◆ TASK OBJECTIVE ◆
Look below for the line containing "main = outside;"; from there, print each line exactly up to and including the line containing "s.timer l ≡ true", and stop.

◆ INFORMATION GIVEN ◆
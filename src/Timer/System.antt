-- ===== src/Timer/System.antt =====
-- A timer between the thread of the event loop and its own: who calls `timer_configure`, `timer_destroy` and
-- `timer_handle_read` is one thread, and `timer_thread` runs beside it.
pub mod Freshness
pub mod Pairing
pub mod Meaning
pub mod Handshake
use daemonlib.Base.{ℕ, ◌+◌, ◌<◌, ◌≡◌, Bool, true, false, Option, none, some, List, [], ◌∷◌, ◌++◌}
use daemonlib.Timer.{
  Configuration, Tick, Timer, current, new_timer, timer_handle_read, finish_configure, stop, Wake,
  Round, goes, leaves, Backend,
}

-- Outside, or in `timer_configure` before the interrupt is raised or before the semaphore is acquired, or in
-- `timer_destroy` before the interrupt is raised or before the thread is joined, or the timer is gone.
pub data Main : Type 0 where
  outside assigned waiting destroying joining gone : Main

pub data Thread (L : Type 0) : Type 0 where
  not_started : Thread L
  started : L → Thread L
  stopped : Thread L

-- A call of the timer's function: for which tick, and the configuration at that time.
pub record Call : Type 0 where
  pub tick : Tick
  pub at : Configuration

-- `configured` counts the assignments of a configuration.
pub record System (L : Type 0) : Type 0 where
  pub timer : Timer
  pub main : Main
  pub thread : Thread L
  pub calls : List Call
  pub configured : ℕ

-- After `timer_create_`.
abbrev pub created : {L : Type 0} → System L
created = record {
  timer = new_timer;
  main = outside;
  thread = not_started;
  calls = [];
  configured = 0;
}

abbrev pub call : Option Tick → Configuration → List Call → List Call
call none now calls = calls
call (some tick) now calls = calls ++ (record { tick = tick; at = now } ∷ [])

abbrev pub handled_by : {L : Type 0} → Option Tick × Timer → System L → System L
handled_by (tick, t) s = record s { timer = t; calls = call tick (current t) s.calls }

abbrev pub handled : {L : Type 0} → System L → System L
handled s = handled_by (timer_handle_read s.timer) s

abbrev pub after : {L : Type 0} → Round L → System L → System L
after (goes t l) s = record s { timer = t; thread = started l }
after (leaves t) s = record s { timer = t; thread = stopped }

pub data Step (B : Backend) (s : System B.Local) : System B.Local → Type 0 where
  starts : s.thread ≡ not_started → Step B s (record s { thread = started (B.initial s.timer) })
  assigns :
      (delay interval : ℕ) (t : Timer)
      → s.main ≡ outside
      → B.start_configure delay interval s.timer ≡ some t
      → Step B s (record s { timer = t; main = assigned; configured = s.configured + 1 })
  cannot_raise : s.main ≡ assigned → Step B s (record s { main = outside })
  raises : s.main ≡ assigned → Step B s (record s { timer = B.raise s.timer; main = waiting })
  acquires :
      s.main ≡ waiting
      → 0 < s.timer.handshake
      → Step B s (record s { timer = (finish_configure s.timer).1; main = outside })
  handles : s.main ≡ outside → Step B s (handled s)
  destroys :
      s.main ≡ outside
      → s.timer.running ≡ true
      → Step B s (record s { timer = record s.timer { running = false }; main = destroying })
  raises_last :
      s.main ≡ destroying → Step B s (record s { timer = B.raise s.timer; main = joining })
  cannot_raise_last : s.main ≡ destroying → Step B s (record s { main = gone })
  joins : s.main ≡ joining → s.thread ≡ stopped → Step B s (record s { main = gone })
  destroys_stopped :
      s.main ≡ outside → s.timer.running ≡ false → Step B s (record s { main = gone })
  rounds :
      (w : Wake) (ok : Bool) (l : B.Local)
      → s.thread ≡ started l
      → B.can_wake w s.timer l ≡ true
      → Step B s (after (B.round w ok s.timer l) s)
  ends :
      (l : B.Local)
      → s.thread ≡ started l
      → s.timer.running ≡ false
      → Step B s (record s { timer = stop s.timer; thread = stopped })

pub data Reach (B : Backend) : System B.Local → Type 0 where
  start : Reach B created
  later : {s s' : System B.Local} → Reach B s → Step B s s' → Reach B s'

◆ RESPONSE TO THE TASK ◆
  main = outside;
  thread = not_started;
  calls = [];
  configured = 0;
}

abbrev pub call : Option Tick → Configuration → List Call → List Call
call none now calls = calls
call (some tick) now calls = calls ++ (record { tick = tick; at = now } ∷ [])

abbrev pub handled_by : {L : Type 0} → Option Tick × Timer → System L → System L
handled_by (tick, t) s = record s { timer = t; calls = call tick (current t) s.calls }

abbrev pub handled : {L : Type 0} → System L → System L
handled s = handled_by (timer_handle_read s.timer) s

abbrev pub after : {L : Type 0} → Round L → System L → System L
after (goes t l) s = record s { timer = t; thread = started l }
after (leaves t) s = record s { timer = t; thread = stopped }

pub data Step (B : Backend) (s : System B.Local) : System B.Local → Type 0 where
  starts : s.thread ≡ not_started → Step B s (record s { thread = started (B.initial s.timer) })
  assigns :
      (delay interval : ℕ) (t : Timer)
      → s.main ≡ outside
      → B.start_configure delay interval s.timer ≡ some t
      → Step B s (record s { timer = t; main = assigned; configured = s.configured + 1 })
  cannot_raise : s.main ≡ assigned → Step B s (record s { main = outside })
  raises : s.main ≡ assigned → Step B s (record s { timer = B.raise s.timer; main = waiting })
  acquires :
      s.main ≡ waiting
      → 0 < s.timer.handshake
      → Step B s (record s { timer = (finish_configure s.timer).1; main = outside })
  handles : s.main ≡ outside → Step B s (handled s)
  destroys :
      s.main ≡ outside
      → s.timer.running ≡ true
      → Step B s (record s { timer = record s.timer { running = false }; main = destroying })
  raises_last :
      s.main ≡ destroying → Step B s (record s { timer = B.raise s.timer; main = joining })
  cannot_raise_last : s.main ≡ destroying → Step B s (record s { main = gone })
  joins : s.main ≡ joining → s.thread ≡ stopped → Step B s (record s { main = gone })
  destroys_stopped :
      s.main ≡ outside → s.timer.running ≡ false → Step B s (record s { main = gone })
  rounds :
      (w : Wake) (ok : Bool) (l : B.Local)
      → s.thread ≡ started l
      → B.can_wake w s.timer l ≡ true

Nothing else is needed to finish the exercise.